PROBLEM TO WORK ON
Select the lines of the records containing the word "consumers" and list them.

════════

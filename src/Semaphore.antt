-- ===== src/Semaphore.antt =====
-- doc/Language/CPP/Concurency/ThreadSync/semaphore_11.cpp: a producer and consumers share a list of
-- tasks under a mutex, and a semaphore that counts them. A task is its number.
pub mod Exclusion
pub mod Front
use geektime.Prelude.{
  ℕ, zero, suc, ◌+◌, ◌-◌, ◌≡◌, Option, none, some, ◌>>=◌, List, [], ◌∷◌, ◌++◌, Bool, true, false,
  set, replicate, if◌then◌else◌, load, ltb,
}

-- Where a consumer stands in `ConsumeTask`.
pub data Consumer : Type 0 where
  waiting : Consumer  -- before `sem.wait()`
  locking : Consumer  -- before the lock
  locked : Consumer  -- before the test of `tasks.empty()`
  popping : Consumer  -- after `doTask()`
  unlocking : Consumer  -- before the unlock

-- Where the producer stands in `ProduceTask`.
pub data Producer : Type 0 where
  locking : Producer
  pushing : Producer
  unlocking : Producer
  posting : Producer

-- `log` is the history of the calls of `doTask`, the last one first.
pub record State : Type 0 where
  pub sem : ℕ
  pub locker : Bool
  pub tasks : List ℕ
  pub value : ℕ
  pub producer : Producer
  pub consumers : List Consumer
  pub log : List ℕ

unfoldable pub init : ℕ → State
init consume_task_cnt = record {
  sem = 0;
  locker = false;
  tasks = [];
  value = 0;
  producer = Producer.locking;
  consumers = replicate consume_task_cnt waiting;
  log = [];
}

-- `tasks.front()`, and `tasks.pop_back()`: undefined on an empty list.
abbrev pub front : List ℕ → Option ℕ
front [] = none
front (x ∷ xs) = some x

abbrev pub pop_back : List ℕ → Option (List ℕ)
pop_back [] = none
pop_back (x ∷ []) = some []
pop_back (x ∷ y ∷ ys) = do rest ← pop_back (y ∷ ys); some (x ∷ rest)

abbrev pub is_empty : List ℕ → Bool
is_empty [] = true
is_empty (x ∷ xs) = false

abbrev pub goto : State → ℕ → Consumer → State
goto s c p = record s { consumers = set s.consumers c p }

-- What a thread does at a place: it is blocked, it moves, or its behaviour is undefined.
pub data Outcome : Type 0 where
  blocked : Outcome
  moved : State → Outcome
  undefined : Outcome

unfoldable pub consume_at : State → ℕ → Consumer → Outcome
consume_at s c waiting =
    if ltb 0 s.sem then moved (goto (record s { sem = s.sem - 1 }) c locking) else blocked
consume_at s c locking =
    if s.locker then blocked else moved (goto (record s { locker = true }) c locked)
consume_at s c locked =
    let go : Outcome = elim (front s.tasks) [
      | none ↦ undefined
      | some task ↦ moved (goto (record s { log = task ∷ s.log }) c popping)
    ] in
    if is_empty s.tasks then moved (goto (record s { locker = false }) c waiting) else go
consume_at s c popping = elim (pop_back s.tasks) [
  | none ↦ undefined
  | some rest ↦ moved (goto (record s { tasks = rest }) c unlocking)
]
consume_at s c unlocking = moved (goto (record s { locker = false }) c waiting)

unfoldable pub produce_at : State → Producer → Outcome
produce_at s Producer.locking =
    if s.locker then blocked else moved (record s { locker = true; producer = Producer.pushing })
produce_at s Producer.pushing = moved (record s {
  tasks = s.tasks ++ suc s.value ∷ [];
  value = suc s.value;
  producer = Producer.unlocking;
})
produce_at s Producer.unlocking = moved (record s { locker = false; producer = Producer.posting })
produce_at s Producer.posting = moved (record s { sem = suc s.sem; producer = Producer.locking })

-- Any thread moves.
pub data Step (s t : State) : Type 0 where
  consumed :
      (c : ℕ) (p : Consumer) → load s.consumers c ≡ some p → consume_at s c p ≡ moved t → Step s t
  produced : produce_at s s.producer ≡ moved t → Step s t

pub data Reach (s : State) : State → Type 0 where
  here : Reach s s
  next : {t u : State} → Reach s t → Step t u → Reach s u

════════

OUTPUT OF THE EXERCISE
-- doc/Language/CPP/Concurency/ThreadSync/semaphore_11.cpp: a producer and consumers share a list of
  pub consumers : List Consumer
  consumers = replicate consume_task_cnt waiting;
goto s c p = record s { consumers = set s.consumers c p }
      (c : ℕ) (p : Consumer) → load s.consumers c ≡ some p → consume_at s c p ≡ moved t → Step s t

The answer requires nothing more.